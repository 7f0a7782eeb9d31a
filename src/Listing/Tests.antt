-- ===== src/Listing/Tests.antt =====
-- Three rows in pages of one, a row that no page shows, and overdue invoices.
use gatway_pagamento_escrito.Prelude.{
  arith, ℕ, ◌+◌, ◌*◌, ◌≡◌, refl, Bool, true, Option, none, some, List, [], ◌∷◌, All,
}
use gatway_pagamento_escrito.Failure.{Result, ok, err, error}
use gatway_pagamento_escrito.Auth.Password.{Chars}
use gatway_pagamento_escrito.Admin.{
  InvoiceStatus, opened, overdue, InvoiceRow, InvoiceResponse, Tables,
}
use gatway_pagamento_escrito.Common.{to_safe_integer}
use gatway_pagamento_escrito.Billing.Response.{shown_status, invoice_response}
use gatway_pagamento_escrito.Listing.{order_rows, list_rows, page, walk}
use gatway_pagamento_escrito.Listing.Walk.{matching, walk-matching}
use gatway_pagamento_escrito.Listing.Missed.{shown_on, shown_on-misses}
use gatway_pagamento_escrito.Listing.Cursors.{Json, Field, string, Codec, decode_cursor}
use gatway_pagamento_escrito.Listing.Filters.{Choice, BillingQuery}
use gatway_pagamento_escrito.Listing.Services.{Answered, list_page, list_invoices}

record Entry : Type 0 where
  us : ℕ
  key : ℕ

abbrev entries : List Entry
entries =
    record { us = 7000; key = 1 }
    ∷ record { us = 9000; key = 2 }
    ∷ record { us = 7000; key = 3 }
    ∷ []

abbrev all_rows : Entry → Bool
all_rows row = true

abbrev us_of : Entry → ℕ
us_of row = row.us

abbrev key_of : Entry → ℕ
key_of row = row.key

walk-matching_example :
    walk us_of key_of all_rows 1 entries 4 none ≡ some (matching us_of key_of all_rows entries)
unfolding order_rows
walk-matching_example =
    walk-matching us_of key_of all_rows 1 entries ((refl, (refl, tt)), ((refl, tt), (tt, tt)))
      (refl, (refl, (refl, tt))) (omega arith)

-- Two rows of one millisecond: the walk never shows the older one.
abbrev close : List Entry
close = record { us = 7900; key = 1 } ∷ record { us = 7400; key = 2 } ∷ []

walk-close : walk us_of key_of all_rows 1 close 9 none ≡ some (record { us = 7900; key = 1 } ∷ [])
unfolding walk page list_rows order_rows
walk-close = refl

shown_on-misses_example :
    All
      (λ (row : Entry). ¬ (row ≡ record { us = 7400; key = 2 }))
      (shown_on us_of key_of all_rows 1 close 9 none)
unfolding order_rows
shown_on-misses_example =
    shown_on-misses us_of key_of all_rows close [] (record { us = 7900; key = 1 })
      (record { us = 7400; key = 2 }) [] 9 ((refl, tt), (tt, tt)) refl (omega arith)

abbrev written : Field → Chars
written (string (x ∷ xs)) = x ∷ xs
written _ = []

abbrev json_text : Json → Chars
json_text (Json.object created_at id) = 1 ∷ written created_at
json_text Json.other = []

abbrev uuid : ℕ → Chars
uuid id =
    48
    ∷ 48
    ∷ 48
    ∷ 48
    ∷ 48
    ∷ 48
    ∷ 48
    ∷ 48
    ∷ 45
    ∷ 48
    ∷ 48
    ∷ 48
    ∷ 48
    ∷ 45
    ∷ 52
    ∷ 48
    ∷ 48
    ∷ 48
    ∷ 45
    ∷ 56
    ∷ 48
    ∷ 48
    ∷ 48
    ∷ 45
    ∷ 48
    ∷ 48
    ∷ 48
    ∷ 48
    ∷ 48
    ∷ 48
    ∷ 48
    ∷ 48
    ∷ 48
    ∷ 48
    ∷ 48
    ∷ (48 + id)
    ∷ []

abbrev parsed : Chars → Result Json
parsed [] = err (error "Unexpected end of JSON input")
parsed (x ∷ xs) = ok (Json.object (string xs) (string (uuid 5)))

abbrev first_char : Chars → Option ℕ
first_char [] = none
first_char (x ∷ xs) = some x

abbrev codec : Codec
codec = record {
  to_base64url = λ text. text;
  from_base64url = λ text. text;
  stringify = json_text;
  parse = parsed;
  to_iso = λ time. time ∷ [];
  parse_date = first_char;
  uuid_text = uuid;
  uuid_value = λ text. 5;
}

abbrev late : InvoiceRow
late = record {
  id = 5;
  tenant_id = 1;
  subscription_id = 2;
  number = record { year = 1970; prefix = 0 };
  status = opened;
  currency = 986;
  subtotal_cents = 100;
  discount_cents = 0;
  tax_cents = 0;
  total_cents = 100;
  due_date = 3;
  issued_at = none;
  paid_at = none;
  voided_at = none;
  deleted_at = none;
  created_at = 7;
  updated_at = 7;
}

abbrev tables : Tables
tables = record {
  identities = [];
  tenants = [];
  plans = [];
  plan_prices = [];
  subscriptions = [];
  invoices = late ∷ [];
  invoice_items = [];
  payments = [];
  plan_features = [];
  provisioning_attempts = [];
  outbox = [];
  next_outbox_id = 0;
  audit_logs = [];
}

abbrev query : BillingQuery InvoiceStatus
query = record { tenant_id = none; status = Choice.only overdue; from = none; to = none }

abbrev late_response : InvoiceResponse
late_response = record {
  id = 5;
  tenant_id = 1;
  subscription_id = 2;
  number = record { year = 1970; prefix = 0 };
  status = overdue;
  currency = 986;
  subtotal_cents = 100;
  discount_cents = 0;
  tax_cents = 0;
  total_cents = 100;
  due_date = 3;
  issued_at = none;
  paid_at = none;
  voided_at = none;
  created_at = 7;
  updated_at = 7;
}

abbrev answer : Answered InvoiceResponse
answer = record { items = late_response ∷ []; next_cursor = none }

-- The invoice is due on the day 3, and the list is made on the day 4, in two moments of it.
list_late :
    list_invoices codec
      (λ row. 1000 * row.created_at)
      345_600_000
      (λ row. 345_600_999)
      query
      10
      none
      tables
    ≡ ok answer
unfolding list_invoices list_page decode_cursor page list_rows order_rows invoice_response
    shown_status to_safe_integer
list_late = refl
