-- ===== src/Scene/Graph.antt =====
-- The filter graph of a scene: crates/api/src/scene_compositor.rs, `build_filter_graph`.
use shed.Prelude.{
  Bool-cases, ◌++◌, Option-cases, is_some, unwrap_or, length, get_elem?, All, ℕ, zero, suc, ◌+◌,
  ◌*◌, ◌≤◌, max, String, ◌≡◌, refl, sym, ap, ◌∙◌, inl, inr, true, Option, some, List, [], ◌∷◌,
  arith, if_cases, concat, decimal,
}
use mathlib.Core.Path.{subst}
use shed.Media.{Media}
use shed.Scene.Filters.{
  fit_filter, join, base_step, build_filter_graph, Floats, CompLayer, LayerRow, scale_step,
  overlay_step, add_layers, producing, comp_layer, as_u32, live_layers,
}

-- What the graph has below layer `i`.
abbrev pub label : ℕ → String
label zero = "base"
label (suc i) = concat ("s" ∷ decimal i ∷ [])

double_suc : (i : ℕ) → 2 * suc i ≡ suc (suc (2 * i))
double_suc i = omega arith

add_zero : (k : ℕ) → k ≡ k + 0
add_zero k = omega arith

zero_add : (k : ℕ) → 0 + k ≡ k
zero_add k = omega arith

shift_suc : (k i : ℕ) → suc k + i ≡ k + suc i
shift_suc k i = omega arith

last_label :
    (fl : Floats) (k : ℕ) (layers : List CompLayer)
    → (add_layers fl k (label k) layers).1 ≡ label (k + length layers)
unfolding add_layers
last_label fl k [] = ap label (omega arith)
last_label fl k (layer ∷ layers) =
    last_label fl (suc k) layers ∙ ap label (shift_suc k (length layers))

-- The two steps of layer `i`, as texts: the first makes of input `i` the picture `l<i>`, and the second draws that picture over what
-- is below (the first input of an overlay is the one below), at the layer's place.
abbrev pub Steps : ℕ → CompLayer → Option String → Option String → Type 0
Steps i layer first second =
    let (scale, (x, y)) = fit_filter layer.fit layer.x layer.y layer.w layer.h in
    ((blend : List String) × (first
        ≡ some (
            concat (
              "["
              ∷ decimal i
              ∷ ":v]setpts=PTS-STARTPTS,"
              ∷ scale
              ∷ (blend ++ ("[l" ∷ decimal i ∷ "]" ∷ []))))))
    × (second
        ≡ some (
            concat (
              "["
              ∷ label i
              ∷ "][l"
              ∷ decimal i
              ∷ "]overlay=x="
              ∷ x
              ∷ ":y="
              ∷ y
              ∷ ":eof_action=pass["
              ∷ label (suc i)
              ∷ "]"
              ∷ [])))

step_texts :
    (fl : Floats) (i : ℕ) (layer : CompLayer)
    → Steps i layer
        (some (scale_step fl i layer))
        (some (overlay_step i layer (label i) (label (suc i))))
unfolding scale_step overlay_step
step_texts fl i layer = elim (Bool-cases (fl.translucent layer.opacity)) [
  | inl e ↦ (
    (
      ",format=yuva420p,colorchannelmixer=aa=" ∷ fl.three_decimals layer.opacity ∷ [],
      rw (scale_step, e) refl,
    ),
    refl,
  )
  | inr e ↦ (([], rw (scale_step, e) refl), refl)
]

Steps-at :
    (fl : Floats) (k : ℕ) (layers : List CompLayer) (i : ℕ) (layer : CompLayer)
    → get_elem? layers i ≡ some layer
    → let steps = (add_layers fl k (label k) layers).0 in
      Steps (k + i) layer (get_elem? steps (2 * i)) (get_elem? steps (suc (2 * i)))
unfolding add_layers
Steps-at fl k [] i layer h = absurd (ground (arith, ap is_some h))
Steps-at fl k (l ∷ layers) zero layer h =
    let same : l ≡ layer = ap (λ o. unwrap_or o l) h in
    let first = some (scale_step fl k l) in
    let second = some (overlay_step k l (label k) (label (suc k))) in
    subst (λ q. Steps (k + 0) q first second) same
      (subst (λ n. Steps n l first second) (add_zero k) (step_texts fl k l))
Steps-at fl k (l ∷ layers) (suc i) layer h =
    let steps = (add_layers fl k (label k) (l ∷ layers)).0 in
    let ih = Steps-at fl (suc k) layers i layer h in
    subst (λ n. Steps (k + suc i) layer (get_elem? steps n) (get_elem? steps (suc n)))
      (sym (double_suc i))
      (subst
        (λ n.
          Steps n layer (get_elem? steps (suc (suc (2 * i))))
            (get_elem? steps (suc (suc (suc (2 * i))))))
        (shift_suc k i) ih)

length_steps :
    (fl : Floats) (k : ℕ) (below : String) (layers : List CompLayer)
    → length (add_layers fl k below layers).0 ≡ 2 * length layers
unfolding add_layers
length_steps fl k below [] = refl
length_steps fl k below (l ∷ layers) =
    ground (arith, length_steps fl (suc k) (concat ("s" ∷ decimal k ∷ [])) layers)

-- The graph of a scene starts with a black canvas of the output's size and rate, named `base`, and
-- has two steps for each layer, in the layers' order, at the positions 2i and 2i + 1: the picture of
-- the layer, scaled to its place, and the overlay that draws it over what is below, the canvas for
-- the first layer and the result of the one before for the others. The last result is the graph's.
pub graph-Steps :
    (fl : Floats) (layers : List CompLayer) (width height fps : ℕ)
    → let canvas = concat (
        "color=c=black:s="
        ∷ decimal width
        ∷ "x"
        ∷ decimal height
        ∷ ":r="
        ∷ decimal fps
        ∷ "[base]"
        ∷ []) in
      (steps : List String) × (build_filter_graph fl layers width height fps
        ≡ (join (canvas ∷ steps), label (length layers)))
      × (length steps ≡ 2 * length layers)
      × ((i : ℕ) (layer : CompLayer)
          → get_elem? layers i ≡ some layer
          → Steps i layer (get_elem? steps (2 * i)) (get_elem? steps (suc (2 * i))))
unfolding build_filter_graph base_step
graph-Steps fl layers width height fps =
    let steps = (add_layers fl 0 "base" layers).0 in
    (
      steps,
      ap (λ last. (join (base_step width height fps ∷ steps), last))
          (last_label fl 0 layers ∙ ap label (zero_add (length layers))),
      length_steps fl 0 "base" layers,
      λ i layer h.
          subst (λ n. Steps n layer (get_elem? steps (2 * i)) (get_elem? steps (suc (2 * i))))
            (zero_add i) (Steps-at fl 0 layers i layer h),
    )

abbrev pub IsShown : Media → CompLayer → Type 0
IsShown m l = (producing m l.source_id ≡ true) × (2 ≤ l.w) × (2 ≤ l.h)

at_least_2 : (n : ℕ) → 2 ≤ max n 2
at_least_2 n = omega arith

-- The layers of a composite all produce video, and none is narrower or lower than two pixels.
pub live_layers-All :
    (fl : Floats) (m : Media) (rows : List LayerRow) → All (IsShown m) (live_layers fl m rows)
unfolding live_layers
live_layers-All fl m [] = tt
live_layers-All fl m (row ∷ rows) = elim (Option-cases row.source_id) [
  | inl e ↦ rw (live_layers, e) (live_layers-All fl m rows)
  | inr (id, e) ↦
      rw (live_layers, e)
        (if_cases (All (IsShown m)) (producing m id) (comp_layer fl row id ∷ live_layers fl m rows)
          (live_layers fl m rows)
          (λ h. (
            (h, at_least_2 (as_u32 row.width), at_least_2 (as_u32 row.height)),
            live_layers-All fl m rows,
          ))
          (λ h. live_layers-All fl m rows))
]
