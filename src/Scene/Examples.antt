-- ===== src/Scene/Examples.antt =====
-- Tests and instances for the scenes and the switches.
use shed.Prelude.{
  length, suc, ◌*◌, ◌==◌, if◌then◌else◌, get_elem?, ℕ, String, ◌≡◌, refl, ◌⊎◌, inr, false, none,
  some, List, [], ◌∷◌, map, concat, decimal,
}
use shed.Types.{pos, negsuc, live, SequenceHeaders}
use shed.Types.LayerFit.{fill, contain}
use shed.Output.{default_output_config}
use shed.Pipeline as Pipeline
use shed.Scene.{Backstage, Mixer, activate}
use shed.Scene.Filters.{
  base_step, scale_step, overlay_step, Floats, CompLayer, LayerRow, as_i32, as_u32, fit_filter,
  add_layers, join, build_filter_graph, to_string,
}
use shed.Scene.Graph.{Steps, label, graph-Steps}
use shed.Scene.Active.{Activated, activate-Activated}

abbrev floats : Floats
floats = record { translucent = λ o. false; three_decimals = λ o. "0.500"; as_f32 = λ o. o }

abbrev small : CompLayer
small = record {
  source_id = 4;
  x = pos 1240;
  y = negsuc 9;
  w = 640;
  h = 360;
  opacity = 0;
  fit = fill;
}

-- Scene 1 has the live source 4 and source 9, which is not; scene 2 has none.
abbrev stage_rows : ℕ → String ⊎ List LayerRow
stage_rows scene_id = inr (
    if scene_id == 1
    then record {
      source_id = some 4;
      x = pos 0;
      y = pos 0;
      width = pos 640;
      height = pos 0;
      opacity = 0;
      fit = "fill";
    }
      ∷ record {
        source_id = some 9;
        x = pos 0;
        y = pos 0;
        width = pos 640;
        height = pos 360;
        opacity = 0;
        fit = "fill";
      }
      ∷ []
    else [])

abbrev backstage : Backstage
backstage = record {
  floats = floats;
  launch = λ args. inr 30;
  rows = stage_rows;
  config = default_output_config;
  relay = 7;
  listen = λ layers. inr (map (λ l. 5000) layers);
}

abbrev header : SequenceHeaders
header = record { video = some (9 ∷ []); audio = none; last_keyframe = none }

-- Scene 1 is on program.
abbrev mixer : Mixer
unfolding Pipeline.new
mixer = record {
  media = record {
    ingest = record {
      sequence_headers = (4, header) ∷ (1, header) ∷ [];
      source_states = (4, live) ∷ (1, live) ∷ [];
      ws = [];
      relayed = [];
      media_relays = (4, 0) ∷ (1, 3) ∷ [];
      srt_listeners = [];
    };
    media_players = [];
    source_normalizers = [];
    scene_compositors = (1, 20) ∷ [];
    killed = [];
  };
  preview_source = none;
  program_intent = some 1;
  pipeline = Pipeline.new [];
  scenes = 1 ∷ 2 ∷ [];
  ws = [];
}

-- The graph of the source's own test, with the position of the second layer below zero.
two_layer_graph :
    build_filter_graph floats
      (record small { fit = contain; x = pos 0; y = pos 0 } ∷ small ∷ [])
      1280
      720
      25
    ≡ (
      concat (
          "color=c=black:s=1280x720:r=25[base];"
          ∷ "[0:v]setpts=PTS-STARTPTS,scale=640:360:force_original_aspect_ratio=decrease[l0];"
          ∷ "[base][l0]overlay=x=0+(640-w)/2:y=0+(360-h)/2:eof_action=pass[s0];"
          ∷ "[1:v]setpts=PTS-STARTPTS,scale=640:360[l1];"
          ∷ "[s0][l1]overlay=x=1240:y=-10:eof_action=pass[s1]" ∷ []),
      "s1",
    )
unfolding build_filter_graph add_layers fit_filter decimal to_string base_step scale_step
    overlay_step
two_layer_graph = refl

wrapped_casts : (as_i32 (pos 4294967286) ≡ negsuc 9) × (as_u32 (negsuc 9) ≡ 4294967286)
unfolding as_i32 as_u32
wrapped_casts = (refl, refl)

graph-Steps_example :
    let layers = small ∷ small ∷ [] in
    (steps : List String) × (build_filter_graph floats layers 1280 720 30 ≡ (
      join (
          concat (
            "color=c=black:s="
            ∷ decimal 1280
            ∷ "x"
            ∷ decimal 720
            ∷ ":r="
            ∷ decimal 30
            ∷ "[base]"
            ∷ [])
          ∷ steps),
      label 2,
    ))
    × (length steps ≡ 4)
    × ((i : ℕ) (layer : CompLayer)
        → get_elem? layers i ≡ some layer
        → Steps i layer (get_elem? steps (2 * i)) (get_elem? steps (suc (2 * i))))
graph-Steps_example = graph-Steps floats (small ∷ small ∷ []) 1280 720 30

activate-Activated_example : Activated 1 mixer (activate backstage 1 mixer)
unfolding Pipeline.new
activate-Activated_example = activate-Activated backstage 1 mixer refl

-- Source 9 has gone.
abbrev previewing : Mixer
previewing = record mixer { preview_source = some 9 }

**The task**
Show all lines in the records above that hold "entries".

**Completed exercise**
abbrev entries : List Entry
entries =
    walk us_of key_of all_rows 1 entries 4 none ≡ some (matching us_of key_of all_rows entries)
    walk-matching us_of key_of all_rows 1 entries ((refl, (refl, tt)), ((refl, tt), (tt, tt)))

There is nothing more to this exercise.